取材レポート

経営倫理実践研究センター(BERC)・金沢工業大学科学技術応用倫理研究所(KIT) ジョイントプロジェクト「これからの科学技術者倫理研究 ~社会が必要とする課題への取組み~」レポート

 企業の経営倫理注1) を実践研究する経営倫理実践研究センター(BERC)と、科学技術者倫理教育に取り組む金沢工業大学(KIT)は、「経営倫理と技術者倫理の統合に関する研究」を協同して進めています。その一環として、2018年8月1日(水)金沢工業大学虎ノ門大学院にて、「これからの科学技術者倫理研究 〜社会が必要とする課題への取組み〜」と題してセミナーが開催されました。  これまで経営倫理と技術者倫理は個々に推進されてきましたが、昨今続く国内の製造業の不正事件を前に、不正対策をより一層充実させるためには、両者の倫理を統合的に考えることが有効ではないかという考えに基づき、本研究プロジェクトがスタートしました。
 本セミナーは計4回開催を予定しており、第1回にあたる今回は、始めに、東京工業大学の札野教授が技術者倫理について、続いて、慶應大学の梅津光弘准教授が経営倫理について、各々の倫理の足跡について日米の状況を比較しながら紹介しました。
 注1)「経営倫理」とは、Business ethicsの訳で「企業倫理」と訳されることもあるが、以下、本レポートでは「経営倫理」と表記。

日米における技術者倫理のあゆみ

 米国では1950年代頃よりライフサイエンス分野や環境分野を中心に、科学技術が急速に進展し、それに伴って倫理的な問題も生じるようになり、1970年代頃から生命倫理や環境倫理の関心が高まります。
 技術者倫理は、1970年代後半頃から米国科学財団(National Science Foundation; NSF)の支援を受けて学問分野として確立します。そして、1986年のチャレンジャー号爆発事故やチェルノブイリ原発事故を契機として、米国内での技術者倫理の関心も急速に高まりました。
 一方、その頃の日本では、まだ技術者倫理に関心を向ける人はほとんどいなかったそうです。しかしながら、1995年のオーム真理教地下鉄サリン事件や高速増殖原型炉もんじゅのナトリウム漏洩事故をきっかけに、日本国内でも技術者倫理に対する関心が高まっていきました。そして、同年に開催されたAPEC(Asia-Pacific Economic Cooperation)において、技術者の国際登録が議題となり、自国の技術者が海外でも技術者として認められ活動するためには、ワシントン協定(Washington Accord)へ国として加盟することが要件となります。加盟するためには、自国の技術者教育が国際的な実質的同等性を持つことを担保する認定機関とその認定基準が必須でした注2)。
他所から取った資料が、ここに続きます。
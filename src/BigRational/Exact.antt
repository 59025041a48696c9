-- ===== src/BigRational/Exact.antt =====
-- Coprime numbers, and the exact quotients that normalise takes.
use Prim.Native.Nat.{◌∣◌}
use native.Mathlib.Nat.{
  mul-dvd-mul_right, dvd_of_mul-dvd-mul_right, mod-eq-zero_of_dvd, dvd-mul_right_of_dvd,
  dvd-mul_left, dvd-mul_right, dvd_antisymm, pow-succ', pow-zero,
}
use nimble_cas.Prelude.{
  ℕ, zero, suc, ◌*◌, ◌%◌, ◌^◌, ◌<◌, ◌≡◌, ◌≢◌, refl, ap, subst, sym, ◌∙◌, Bool, false, not, arith,
  some,
}
use nimble_cas.Prelude.Int.{pos, nat_abs, ◌*ℤ◌}
use nimble_cas.Magnitude.{Limbs}
use nimble_cas.Magnitude.Value.{value}
use nimble_cas.Knuth.{mag_divmod}
use nimble_cas.Knuth.Correct.{mag_divmod_lem}
use nimble_cas.BigInt.{BigInt, bool_eq, from_mag, is_empty, divmod, divide}
use nimble_cas.BigInt.Value.{signed, to_ℤ, IsValid, nat_abs-signed, nonempty-ne}
use nimble_cas.BigInt.Arith.{from_mag-Is}
use nimble_cas.BigInt.Division.{mod_unique, nonzero-mag}
use nimble_cas.BigInt.Gcd.{IsGcd}
use nimble_cas.BigInt.Order.{not_negative}
use nimble_cas.BigRational.{divide_checked}

-- No common factor: whatever divides the multiples of both by c divides c.
abbrev pub Coprime : ℕ → ℕ → Type 0
Coprime a b = (k c : ℕ) → k ∣ a * c → k ∣ b * c → k ∣ c

pub IsGcd→Coprime :
    (a b g a' b' : ℕ) → IsGcd a b g → 0 < g → a' * g ≡ a → b' * g ≡ b → Coprime a' b'
IsGcd→Coprime a b g a' b' h g_pos ea eb k c ka kb =
    dvd_of_mul-dvd-mul_right k g_pos
      (subst (◌∣◌ (k * g)) (omega arith) (h.scaled (k * g) c (times a a' ea ka) (times b b' eb kb)))
  where
    times : (n n' : ℕ) → n' * g ≡ n → k ∣ n' * c → k * g ∣ n * c
    times n n' e d =
        let same : n' * c * g ≡ n * c = omega (arith, ap (λ (t : ℕ). t * c) e) in
        subst (◌∣◌ (k * g)) same (mul-dvd-mul_right k d g)

Coprime-comm : (a b : ℕ) → Coprime a b → Coprime b a
Coprime-comm a b h k c ka kb = h k c kb ka

pub Coprime-one : (a : ℕ) → Coprime a 1
Coprime-one a k c ka kb = subst (◌∣◌ k) (omega arith) kb

Coprime-pow_right : (a b n : ℕ) → Coprime a b → Coprime a (b ^ n)
Coprime-pow_right a b zero h k c ka kb = subst (◌∣◌ k) (rw (pow-zero b) (omega arith)) kb
Coprime-pow_right a b (suc n) h k c ka kb = Coprime-pow_right a b n h k c ka (
    h k (b ^ n * c) (reassoc ka)
      (subst (◌∣◌ k) (omega (arith, ap (λ (t : ℕ). t * c) (pow-succ' b n))) kb))
  where
    reassoc : k ∣ a * c → k ∣ a * (b ^ n * c)
    reassoc d =
        let same : a * c * b ^ n ≡ a * (b ^ n * c) = omega arith in
        subst (◌∣◌ k) same (dvd-mul_right_of_dvd k d (b ^ n))

pub Coprime-pow : (a b n : ℕ) → Coprime a b → Coprime (a ^ n) (b ^ n)
Coprime-pow a b n h =
    Coprime-comm (b ^ n) (a ^ n)
      (Coprime-pow_right (b ^ n) a n (Coprime-comm a (b ^ n) (Coprime-pow_right a b n h)))

-- Equal fractions in lowest terms have equal denominators.
pub lowest_terms_unique : (a b c d : ℕ) → Coprime a b → Coprime c d → a * d ≡ c * b → b ≡ d
lowest_terms_unique a b c d hab hcd e =
    dvd_antisymm (hab b d (subst (◌∣◌ b) (sym e) (dvd-mul_left b c)) (dvd-mul_right b d))
      (hcd d b (subst (◌∣◌ d) e (dvd-mul_left d a)) (dvd-mul_right d b))

divide_checked-eq :
    (a g : BigInt)
    → is_empty g.mag ≡ false
    → divide_checked a g
      ≡ some (from_mag (mag_divmod a.mag g.mag).0 (not (bool_eq a.negative g.negative)))
unfolding divide_checked divide divmod
divide_checked-eq a g h = rw (h, divide_checked) refl

exact_product :
    (s t : Bool) (n k q : ℕ)
    → t ≡ false
    → q * k ≡ n
    → signed (not (bool_eq s t)) q *ℤ pos k ≡ signed s n
unfolding ◌*ℤ◌
exact_product s t n k q h e = ground arith

-- The quotient by a divisor above zero that divides is exact.
pub divide_checked_lem :
    (a g : BigInt) (k : ℕ)
    → IsValid a
    → IsValid g
    → to_ℤ g ≡ pos k
    → 0 < k
    → k ∣ nat_abs (to_ℤ a)
    → (q : BigInt) × (divide_checked a g ≡ some q) × IsValid q × (to_ℤ q *ℤ pos k ≡ to_ℤ a)
divide_checked_lem a g k ha hg e k_pos d =
    let ne : to_ℤ g ≢ pos 0 = λ z. absurd (omega (arith, ap nat_abs (sym e ∙ z))) in
    let some_limb = nonzero-mag g ne in
    let size : value g.mag ≡ k = sym (nat_abs-signed g.negative (value g.mag)) ∙ ap nat_abs e in
    let p =
      mag_divmod_lem a.mag g.mag ha.limbs hg.limbs ha.trimmed hg.trimmed
        (nonempty-ne g.mag some_limb) in
    let qm : Limbs = (mag_divmod a.mag g.mag).0 in
    let r = mod_unique (value a.mag) (value g.mag) _ _ p.0 p.1 in
    let exact = mod-eq-zero_of_dvd k (subst (◌∣◌ k) (nat_abs-signed a.negative (value a.mag)) d) in
    let s : Bool = not (bool_eq a.negative g.negative) in
    let q = from_mag-Is qm s (signed s (value qm)) p.2 refl in
    (
      from_mag qm s,
      divide_checked-eq a g some_limb,
      q.0,
      ap (λ t. t *ℤ pos k) q.1
          ∙ exact_product a.negative g.negative (value a.mag) k (value qm) (not_negative g hg k e) (
              omega (
                arith,
                p.0,
                r,
                exact,
                ap (λ (t : ℕ). value qm * t) size,
                ap (λ (t : ℕ). value a.mag % t) size,
              )),
    )
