-- ===== src/BigRational/Reduced.antt =====
-- normalise and make: the result is the given fraction in lowest terms, and no assertion fails.
use native.Mathlib.Nat.{pos_of_dvd_of_pos, eq_of_mul-eq-mul_right}
use nimble_cas.Prelude.{
  ℕ, zero, suc, ◌*◌, ◌<◌, ◌≡◌, ◌≢◌, ◌⊎◌, refl, ap, ap₂, subst, sym, ◌∙◌, Bool, true, false, arith,
  inl, inr, Option, some, if◌then◌else◌,
}
use nimble_cas.Prelude.Int.{
  ℤ, pos, negsuc, pos_part, neg_part, neg_ℤ, nat_abs, ◌*ℤ◌, eq_of_parts, pos_part-*ℤ, neg_part-*ℤ,
  nat_abs-*ℤ, *ℤ_assoc, *ℤ_comm,
}
use nimble_cas.Core.{Result, ok, err, division_by_zero}
use nimble_cas.Magnitude.Value.{value}
use nimble_cas.BigInt.{BigInt, negate as int_negate, gcd, is_zero as int_is_zero}
use nimble_cas.BigInt.Value.{to_ℤ, IsValid, signed, negate_lem, nonempty-value, neg_ℤ-signed}
use nimble_cas.BigInt.Arith.{Is}
use nimble_cas.BigInt.Division.{nonzero-mag, zero-cases}
use nimble_cas.BigInt.Gcd.{gcd_lem}
use nimble_cas.BigRational.{
  BigRational, divide_checked, sign_num, sign_den, normalise, returned, make,
}
use nimble_cas.BigRational.Exact.{Coprime, IsGcd→Coprime, divide_checked_lem}

-- The class invariant: the denominator is above zero, and the fraction in lowest terms.
pub record IsReduced (a : BigRational) : Type 0 where
  pub num_valid : IsValid a.num
  pub den_valid : IsValid a.den
  pub below : ℕ
  pub den_is : to_ℤ a.den ≡ pos below
  pub den_pos : 0 < below
  pub coprime : Coprime (nat_abs (to_ℤ a.num)) below

-- The fraction is n / d.
abbrev pub StandsFor : BigRational → ℤ → ℤ → Type 0
StandsFor a n d = to_ℤ a.num *ℤ d ≡ n *ℤ to_ℤ a.den

-- What an operation owes: the fraction n / d in lowest terms.
abbrev pub IsFraction : Option BigRational → ℤ → ℤ → Type 0
IsFraction o n d = (r : BigRational) × (o ≡ some r) × IsReduced r × StandsFor r n d

-- The sign moves to the numerator.
neg-signed : (n : ℤ) (v : ℕ) → neg_ℤ n *ℤ signed true v ≡ n *ℤ pos v
unfolding ◌*ℤ◌
neg-signed n v = ground arith

signs :
    (num den : BigInt) (s : Bool)
    → den.negative ≡ s
    → IsValid num
    → IsValid den
    → to_ℤ den ≢ pos 0
    → (k : ℕ) × (0 < k)
      × Is (sign_den den) (pos k)
      × IsValid (sign_num num den)
      × (to_ℤ (sign_num num den) *ℤ to_ℤ den ≡ to_ℤ num *ℤ pos k)
signs num den true e hn hd ne =
    let same_den : sign_den den ≡ int_negate den = ap (λ s. if s then int_negate den else den) e in
    let same_num : sign_num num den ≡ int_negate num =
      ap (λ s. if s then int_negate num else num) e in
    let minus : to_ℤ den ≡ signed true (value den.mag) = ap (λ s. signed s (value den.mag)) e in
    let d = negate_lem den hd in
    let n = negate_lem num hn in
    (
      value den.mag,
      nonempty-value den.mag hd.trimmed (nonzero-mag den ne),
      subst (λ t. Is t (pos (value den.mag))) (sym same_den)
          (d.0, d.1 ∙ ap neg_ℤ minus ∙ neg_ℤ-signed true (value den.mag)),
      subst IsValid (sym same_num) n.0,
      ap₂ (λ u v. to_ℤ u *ℤ v) same_num minus
          ∙ ap (λ t. t *ℤ signed true (value den.mag)) n.1
          ∙ neg-signed (to_ℤ num) (value den.mag),
    )
signs num den false e hn hd ne =
    let same_den : sign_den den ≡ den = ap (λ s. if s then int_negate den else den) e in
    let same_num : sign_num num den ≡ num = ap (λ s. if s then int_negate num else num) e in
    let is_pos : to_ℤ den ≡ pos (value den.mag) = ap (λ s. signed s (value den.mag)) e in
    (
      value den.mag,
      nonempty-value den.mag hd.trimmed (nonzero-mag den ne),
      subst (λ t. Is t (pos (value den.mag))) (sym same_den) (hd, is_pos),
      subst IsValid (sym same_num) hn,
      ap₂ (λ u v. to_ℤ u *ℤ v) same_num is_pos,
    )

-- A factor of a positive number by a positive number is positive.
factor_pos :
    (a : ℤ) (g k : ℕ) → 0 < k → a *ℤ pos g ≡ pos k → (a ≡ pos (nat_abs a)) × (0 < nat_abs a)
unfolding ◌*ℤ◌
factor_pos (pos n) g k h e = (refl, positive n e)
  where
    positive : (n : ℕ) → pos (n * g) ≡ pos k → 0 < n
    positive zero e = absurd (omega (arith, ap nat_abs e))
    positive (suc n) e = omega arith
factor_pos (negsuc n) g k h e = absurd (negative (suc n * g) e)
  where
    negative : (m : ℕ) → neg_ℤ (pos m) ≡ pos k → ⊥
    negative zero e = omega (arith, ap nat_abs e)
    negative (suc m) e = omega (arith, ap pos_part e)

pub *ℤ-cancel : (a b : ℤ) (g : ℕ) → 0 < g → a *ℤ pos g ≡ b *ℤ pos g → a ≡ b
*ℤ-cancel a b g h e =
    let p = eq_of_mul-eq-mul_right g h _ _ (sym (parts a) ∙ ap pos_part e ∙ parts b) in
    let n = eq_of_mul-eq-mul_right g h _ _ (sym (negs a) ∙ ap neg_part e ∙ negs b) in
    eq_of_parts a b (omega arith)
  where
    parts : (c : ℤ) → pos_part (c *ℤ pos g) ≡ pos_part c * g
    parts c = pos_part-*ℤ c (pos g) ∙ omega arith

    negs : (c : ℤ) → neg_part (c *ℤ pos g) ≡ neg_part c * g
    negs c = neg_part-*ℤ c (pos g) ∙ omega arith

-- Dividing a fraction through by g keeps it.
cross :
    (l r n d num den : ℤ) (g : ℕ)
    → 0 < g
    → l *ℤ pos g ≡ n
    → r *ℤ pos g ≡ d
    → n *ℤ den ≡ num *ℤ d
    → l *ℤ den ≡ num *ℤ r
cross l r n d num den g h el er e = *ℤ-cancel (l *ℤ den) (num *ℤ r) g h (
    *ℤ_assoc l den (pos g)
    ∙ ap (λ t. l *ℤ t) (*ℤ_comm den (pos g))
    ∙ sym (*ℤ_assoc l (pos g) den)
    ∙ ap (λ t. t *ℤ den) el
    ∙ e
    ∙ ap (λ t. num *ℤ t) (sym er)
    ∙ sym (*ℤ_assoc num r (pos g)))

normalise-eq :
    (num den n d : BigInt)
    → divide_checked (sign_num num den) (gcd (sign_num num den) (sign_den den)) ≡ some n
    → divide_checked (sign_den den) (gcd (sign_num num den) (sign_den den)) ≡ some d
    → normalise num den ≡ some (record { num = n; den = d })
unfolding normalise
normalise-eq num den n d en ed = rw (normalise, en, ed) refl

-- For valid operands and a denominator that is not zero, normalise fails no assertion and returns
-- a fraction in lowest terms with a denominator above zero that equals num / den by cross
-- multiplication.
pub normalise_lem :
    (num den : BigInt)
    → IsValid num
    → IsValid den
    → to_ℤ den ≢ pos 0
    → IsFraction (normalise num den) (to_ℤ num) (to_ℤ den)
normalise_lem num den hn hd ne =
    let s = signs num den den.negative refl hn hd ne in
    let n : BigInt = sign_num num den in
    let d : BigInt = sign_den den in
    let g = gcd_lem n d s.3 s.2.0 in
    let size : nat_abs (to_ℤ d) ≡ s.0 = ap nat_abs s.2.1 in
    let g_pos : 0 < g.0 = pos_of_dvd_of_pos g.2.right (omega (arith, size, s.1)) in
    let left = divide_checked_lem n (gcd n d) g.0 s.3 g.1.0 g.1.1 g_pos g.2.left in
    let right = divide_checked_lem d (gcd n d) g.0 s.2.0 g.1.0 g.1.1 g_pos g.2.right in
    let below = factor_pos (to_ℤ right.0) g.0 s.0 s.1 (right.3 ∙ s.2.1) in
    (
      record { num = left.0; den = right.0 },
      normalise-eq num den left.0 right.0 left.1 right.1,
      record {
        num_valid = left.2;
        den_valid = right.2;
        below = nat_abs (to_ℤ right.0);
        den_is = below.0;
        den_pos = below.1;
        coprime =
            IsGcd→Coprime _ _ g.0 _ _ g.2 g_pos
              (sym (nat_abs-*ℤ (to_ℤ left.0) (pos g.0)) ∙ ap nat_abs left.3)
              (sym (nat_abs-*ℤ (to_ℤ right.0) (pos g.0)) ∙ ap nat_abs right.3);
      },
      cross _ _ _ _ (to_ℤ num) (to_ℤ den) g.0 g_pos left.3 (right.3 ∙ s.2.1) s.4,
    )

-- What a division owes: the error for a zero divisor c, the fraction n / d otherwise.
abbrev pub IsQuotient : Option (Result BigRational) → ℤ → ℤ → ℤ → Type 0
IsQuotient o c n d =
    ((c ≡ pos 0) × (o ≡ some (err division_by_zero)))
    ⊎ ((c ≢ pos 0) × ((r : BigRational) × (o ≡ some (ok r)) × IsReduced r × StandsFor r n d))

pub quotient :
    (c : BigInt) (o : Option BigRational) (n d : ℤ)
    → IsValid c
    → (to_ℤ c ≢ pos 0 → IsFraction o n d)
    → IsQuotient (if int_is_zero c then some (err division_by_zero) else returned o) (to_ℤ c) n d
unfolding int_is_zero
quotient c o n d hc h = elim (zero-cases c hc) [
  | inl z ↦ inl (z.1, rw z.0 refl)
  | inr z ↦ let p = h z.1 in inr (z.1, (p.0, rw z.0 (ap returned p.1), p.2, p.3))
]

-- For valid operands, make returns division_by_zero exactly when the denominator stands for zero,
-- and otherwise a fraction in lowest terms that equals num / den.
pub make_lem :
    (num den : BigInt)
    → IsValid num
    → IsValid den
    → IsQuotient (make num den) (to_ℤ den) (to_ℤ num) (to_ℤ den)
unfolding make
make_lem num den hn hd = quotient den _ _ _ hd (normalise_lem num den hn hd)
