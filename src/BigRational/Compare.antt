-- ===== src/BigRational/Compare.antt =====
-- operator== and operator<=> of BigRational: equality and order of the fractions.
use nimble_cas.Prelude.{◌*◌, ◌≡◌, ◌↔◌, ap, ap₂, sym, ◌∙◌, Bool, true, ◌&&◌, arith}
use nimble_cas.Prelude.Int.{pos, nat_abs, ◌*ℤ◌, nat_abs-*ℤ}
use nimble_cas.BigInt.{eq as int_eq}
use nimble_cas.BigInt.Value.{to_ℤ}
use nimble_cas.BigInt.Arith.{multiply_lem}
use nimble_cas.BigInt.Order.{compare_ℤ, cmp_lem, eq_iff}
use nimble_cas.BigRational.{BigRational, cmp, eq}
use nimble_cas.BigRational.Exact.{lowest_terms_unique}
use nimble_cas.BigRational.Reduced.{IsReduced, *ℤ-cancel}

-- For fractions in lowest terms, operator<=> is the order of the integers a.num * b.den and b.num
-- * a.den.
pub rational-cmp :
    (a b : BigRational)
    → IsReduced a
    → IsReduced b
    → cmp a b ≡ compare_ℤ (to_ℤ a.num *ℤ to_ℤ b.den) (to_ℤ b.num *ℤ to_ℤ a.den)
unfolding cmp
rational-cmp a b ha hb =
    let l = multiply_lem a.num b.den ha.num_valid hb.den_valid in
    let r = multiply_lem b.num a.den hb.num_valid ha.den_valid in
    cmp_lem _ _ l.0 r.0 ∙ ap₂ compare_ℤ l.1 r.1

and-intro : (p q : Bool) → p ≡ true → q ≡ true → (p && q) ≡ true
and-intro p q hp hq = ground arith

and-elim : (p q : Bool) → (p && q) ≡ true → (p ≡ true) × (q ≡ true)
and-elim p q h = ground arith

-- For fractions in lowest terms, the fieldwise operator== is true exactly when the cross products
-- are equal, so exactly when the fractions are.
pub rational-eq_iff :
    (a b : BigRational)
    → IsReduced a
    → IsReduced b
    → (eq a b ≡ true) ↔ (to_ℤ a.num *ℤ to_ℤ b.den ≡ to_ℤ b.num *ℤ to_ℤ a.den)
unfolding eq
rational-eq_iff a b ha hb = (to, from)
  where
    nums : (int_eq a.num b.num ≡ true) ↔ (to_ℤ a.num ≡ to_ℤ b.num)
    nums = eq_iff a.num b.num ha.num_valid hb.num_valid

    dens : (int_eq a.den b.den ≡ true) ↔ (to_ℤ a.den ≡ to_ℤ b.den)
    dens = eq_iff a.den b.den ha.den_valid hb.den_valid

    to :
        (int_eq a.num b.num && int_eq a.den b.den) ≡ true
        → to_ℤ a.num *ℤ to_ℤ b.den ≡ to_ℤ b.num *ℤ to_ℤ a.den
    to h = let p = and-elim _ _ h in ap₂ ◌*ℤ◌ (nums.0 p.0) (sym (dens.0 p.1))

    from :
        to_ℤ a.num *ℤ to_ℤ b.den ≡ to_ℤ b.num *ℤ to_ℤ a.den
        → (int_eq a.num b.num && int_eq a.den b.den) ≡ true
    from e =
        let sizes : nat_abs (to_ℤ a.num) * hb.below ≡ nat_abs (to_ℤ b.num) * ha.below =
          ap (λ t. nat_abs (to_ℤ a.num) * nat_abs t) (sym hb.den_is)
          ∙ sym (nat_abs-*ℤ (to_ℤ a.num) (to_ℤ b.den))
          ∙ ap nat_abs e
          ∙ nat_abs-*ℤ (to_ℤ b.num) (to_ℤ a.den)
          ∙ ap (λ t. nat_abs (to_ℤ b.num) * nat_abs t) ha.den_is in
        let same = lowest_terms_unique _ ha.below _ hb.below ha.coprime hb.coprime sizes in
        let den : to_ℤ a.den ≡ to_ℤ b.den = ha.den_is ∙ ap pos same ∙ sym hb.den_is in
        let num : to_ℤ a.num ≡ to_ℤ b.num =
          *ℤ-cancel (to_ℤ a.num) (to_ℤ b.num) hb.below hb.den_pos (
            ap (λ t. to_ℤ a.num *ℤ t) (sym hb.den_is)
            ∙ e
            ∙ ap (λ t. to_ℤ b.num *ℤ t) (den ∙ hb.den_is)) in
        and-intro _ _ (nums.1 num) (dens.1 den)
そこで、その認定機関として一般社団法人日本技術者教育認定機構(JABEE)が1999年に設立され、技術者の教育プログラムの認定基準が定められました。この教育プログラムには技術者倫理も含まれていたため、国内において技術者倫理の認知度が高まったそうです。なお、日本は2005年にワシントン協定へ加盟しました。
注2)一般社団法人日本技術者教育認定機構(JABEE)HPを参考。

技術者倫理の今後進むべき方向 -志向倫理に基づく倫理プログラム-

 このように技術者倫理教育を実施する制度が確立されましたが、技術者が関与する不正は後を絶たない状況が続きます。札野氏は「不正を行ってはならない」という倫理(予防倫理)は不正防止のためには重要であるが、一方で、不正をしないであろう、多くの技術者にとってどのように行動すべきかの倫理(志向倫理)も必要であると説きました。技術者にとって、社会の安全や健康の他に、福利に貢献することが重要であり、福利への貢献によって技術者自身もまた「よく生きる(well-being)」という幸福感・達成感を得られるという考え方です。組織は「社会の福利に貢献する」という考え(価値)を技術者と共有するための倫理プログラムを構築していく必要があると述べ、札野氏は講演を締めくくりました。

日米における経営倫理のあゆみ

 米国では、経営倫理も、科学技術の急速な発展に伴って生じる倫理的な問題にどのように向き合うべきか関心が高まり、1980年代頃から米国内の大学で経営倫理に関する講座が増えていきます。
 1980年代半ばに、米国の防衛産業において不正が発覚し、政府から構造的な不正防止対策を求められたことを受けて、1986年、十数社の防衛関連企業が主体となって「DII原則」注3)(Defense Industry Initiative; 防衛産業イニシアチブ)が作成され、この原則に基づいた経営倫理プログラムを各企業が策定し、実践するようになります。
注3)DII原則では、行動規範、構成員教育、内部通報、法令遵守、説明責任、DII参画団体間のベストプラクティスの共有等が定められている。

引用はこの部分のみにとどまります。